One of the things I love about developing with WordPress is that you very rarely have to reinvent the wheel. Somewhere, if you can find it, is a function that does what you want.
I needed a list of post IDs that had featured images. I COULD have retrieved a complete published posts list and checked each one to see if it had a post thumbnail, but there is a much more efficient way – a new WP_Query. Set the arguments and let WP do the work for you.

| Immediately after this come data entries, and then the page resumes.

-- ===== src/Runs/Pieces.antt =====
-- A text through the SentencePiece tokenizer.
use project_willamette.Prelude.{
  ℕ, zero, suc, ◌+◌, ◌-◌, ◌≤◌, ◌<◌, ◌≡◌, ◌≢◌, refl, sym, ap, ◌∙◌, arith, true, none, some, List, [],
  ◌∷◌, ◌++◌, length, length-append, get_elem?, All, replicate, ltb, Bool-cases, inl, inr,
}
use mathlib.Core.Path.{subst}
use project_willamette.Gguf.Result.{ok}
use project_willamette.Editor.Text.{text_eq}
use project_willamette.Runs.Sampled.{naturals}
use project_willamette.Tokenizer.Bpe.Merged.{some-injective}
use project_willamette.Tokenizer.Pretokenize.Qwen2.{Text}
use project_willamette.Tokenizer.Vocabulary
use project_willamette.Tokenizer.Vocabulary.{
  as_bytes, char_end, token_id, token_id-get, id_from-known, u32_mod,
}
use project_willamette.Tokenizer.SentencePiece
use project_willamette.Tokenizer.SentencePiece.{
  SentencePiece, Symbols, byte_piece, space_mark, symbols_of_chars, normalized_text, merge_symbols,
  encode_sentencepiece, decode_sentencepiece, without_prefix,
}
use project_willamette.Tokenizer.SentencePiece.Merging.{flatten}
use project_willamette.Tokenizer.SentencePiece.RoundTrip.{
  HasPieces, IsOrdinary, decode_sentencepiece-encode_sentencepiece,
}

abbrev pieces_from : ℕ → ℕ → List Text
pieces_from zero b = []
pieces_from (suc n) b = byte_piece b ∷ pieces_from n (b + 1)

-- The mark, and the mark before an `h`.
abbrev words : List Text
words = (space_mark ∷ []) ∷ (space_mark ∷ 104 ∷ []) ∷ []

abbrev tokens : List Text
tokens = pieces_from 256 0 ++ words

abbrev types : List ℕ
types = replicate 256 6 ++ 1 ∷ 1 ∷ []

get-pieces :
    (n b k : ℕ) (ys : List Text)
    → k < n
    → get_elem? (pieces_from n b ++ ys) k ≡ some (byte_piece (b + k))
get-pieces zero b k ys h = elim h [ ]
get-pieces (suc n) b zero ys h = ap (λ b. some (byte_piece b)) {x = b} {y = b + 0} (omega arith)
get-pieces (suc n) b (suc k) ys h =
    get-pieces n (b + 1) k ys (omega arith)
    ∙ ap (λ b. some (byte_piece b)) {x = b + 1 + k} {y = b + suc k} (omega arith)

get-words :
    (n b k : ℕ) (ys : List Text)
    → n ≤ k
    → get_elem? (pieces_from n b ++ ys) k ≡ get_elem? ys (k - n)
get-words zero b k ys h = ap (get_elem? ys) {x = k} {y = k - 0} (omega arith)
get-words (suc n) b zero ys h = elim h [ ]
get-words (suc n) b (suc k) ys h =
    get-words n (b + 1) k ys (omega arith)
    ∙ ap (get_elem? ys) {x = k - n} {y = suc k - suc n} (omega arith)

get-replicate : (n k t : ℕ) (ys : List ℕ) → k < n → get_elem? (replicate n t ++ ys) k ≡ some t
get-replicate zero k t ys h = elim h [ ]
get-replicate (suc n) zero t ys h = refl
get-replicate (suc n) (suc k) t ys h = get-replicate n k t ys (omega arith)

length-pieces : (n b : ℕ) → length (pieces_from n b) ≡ n
length-pieces zero b = refl
length-pieces (suc n) b = ap suc (length-pieces n (b + 1))

tokens-fit : length tokens ≤ u32_mod
tokens-fit = omega (arith, length-append (pieces_from 256 0) words, length-pieces 256 0)

words-short : (j : ℕ) (t : Text) → get_elem? words j ≡ some t → length t ≤ 2
words-short zero t h = subst (λ t. length t ≤ 2) (some-injective h) (omega arith)
words-short (suc zero) t h = subst (λ t. length t ≤ 2) (some-injective h) (omega arith)
words-short (suc (suc j)) t h = cc

no_piece : (b j : ℕ) → get_elem? words j ≢ some (byte_piece b)
unfolding byte_piece
no_piece b j h = omega (arith, words-short j (byte_piece b) h)

tokens-HasPieces : HasPieces tokens types
unfolding token_id
tokens-HasPieces b lt =
    let (id, found) = id_from-known 0 b tokens (byte_piece b) (
      get-pieces 256 0 b words lt
      ∙ ap (λ b. some (byte_piece b)) {x = 0 + b} {y = b} (omega arith)) in
    (
      id,
      found,
      elim (Bool-cases (ltb id 256)) [
        | inl piece ↦ get-replicate 256 id 6 (1 ∷ 1 ∷ []) (ground arith)
        | inr word ↦
            let at = token_id-get tokens (byte_piece b) id tokens-fit found in
            absurd (no_piece b (id - 256) (sym (get-words 256 0 id words (ground arith)) ∙ at))
      ],
    )

-- `h` with two spaces before it, and a letter that only its bytes are known of.
abbrev spaced : Text
spaced = 32 ∷ 104 ∷ 233 ∷ []

abbrev backend : SentencePiece ℕ
backend = record {
  scores = replicate 256 0 ++ 1 ∷ 2 ∷ [];
  token_types = types;
  unknown_id = 0;
  add_space_prefix = true;
}

abbrev left_over : Symbols
left_over = some (space_mark ∷ []) ∷ some (space_mark ∷ 104 ∷ []) ∷ none ∷ some (233 ∷ []) ∷ []

spaced_merges :
    merge_symbols naturals
      (suc (length (symbols_of_chars (normalized_text true spaced))))
      backend.scores
      tokens
      (symbols_of_chars (normalized_text true spaced))
    ≡ some left_over
unfolding merge_symbols SentencePiece.best_sentencepiece_merge SentencePiece.scan_windows
    SentencePiece.live symbols_of_chars normalized_text SentencePiece.replace_char
    SentencePiece.consider token_id Vocabulary.id_from text_eq byte_piece SentencePiece.beats
    SentencePiece.merge_pair
spaced_merges = refl

mark_id : token_id tokens (space_mark ∷ []) ≡ some 256
unfolding token_id Vocabulary.id_from text_eq byte_piece
mark_id = refl

word_id : token_id tokens (space_mark ∷ 104 ∷ []) ≡ some 257
unfolding token_id Vocabulary.id_from text_eq byte_piece
word_id = refl

letter_id : token_id tokens (233 ∷ []) ≡ none
unfolding token_id Vocabulary.id_from text_eq byte_piece
letter_id = refl

word-IsOrdinary :
    (t : Text) (i : ℕ)
    → token_id tokens t ≡ some i
    → get_elem? types i ≡ some 1
    → IsOrdinary tokens types t
word-IsOrdinary t i found at id same =
    (1, ap (get_elem? types) {x = id} {y = i} (some-injective (sym same ∙ found)) ∙ at, refl, refl)

left_over-IsOrdinary : All (IsOrdinary tokens types) (flatten left_over)
left_over-IsOrdinary = (
  word-IsOrdinary (space_mark ∷ []) 256 mark_id refl,
  (word-IsOrdinary (space_mark ∷ 104 ∷ []) 257 word_id refl, ((λ id e. cc (letter_id, e)), tt)),
)

decode_sentencepiece-encode_sentencepiece_example :
    (ids : List ℕ) × (bytes : List ℕ) × (encode_sentencepiece naturals backend tokens spaced
      ≡ some (ok ids))
    × (decode_sentencepiece tokens types ids ≡ some (ok bytes))
    × (without_prefix true bytes ≡ as_bytes spaced)
decode_sentencepiece-encode_sentencepiece_example =
    decode_sentencepiece-encode_sentencepiece naturals backend tokens spaced tokens-fit
      (omega (arith, length-append (pieces_from 256 0) words, length-pieces 256 0)) tokens-HasPieces
      (256, mark_id) ((omega arith, refl), ((omega arith, refl), ((omega arith, refl), tt)))
      (λ symbols same.
        subst (λ s. All (IsOrdinary tokens types) (flatten s))
          (some-injective (sym spaced_merges ∙ same)) left_over-IsOrdinary)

Here’s the function that returns the list:
function mgf_get_sponsor_list() { $args = array( 'posts_per_page' => -1, 'post_type' => 'post', 'meta_key' => '_thumbnail_id', 'post_status' => 'publish', 'fields' => 'ids' ); $sp = new WP_Query( $args ); return ( ! empty( $sp->posts ) ) ? $sp->posts : false; }
The $args are the key to getting what you want. I needed only posts with attached thumbnails, and I didn’t need all of the post details, just the ID. $args[‘fields’] = ‘ids’ takes care of returning only IDs, and $args[‘meta_key’] chooses only those posts with featured images.
In the above, $sp returns the whole WP_Query object, but I only needed the posts part, so the function returns only ->posts.
That’s all there is to it.
You can use the above in a theme functions file or in a plugin.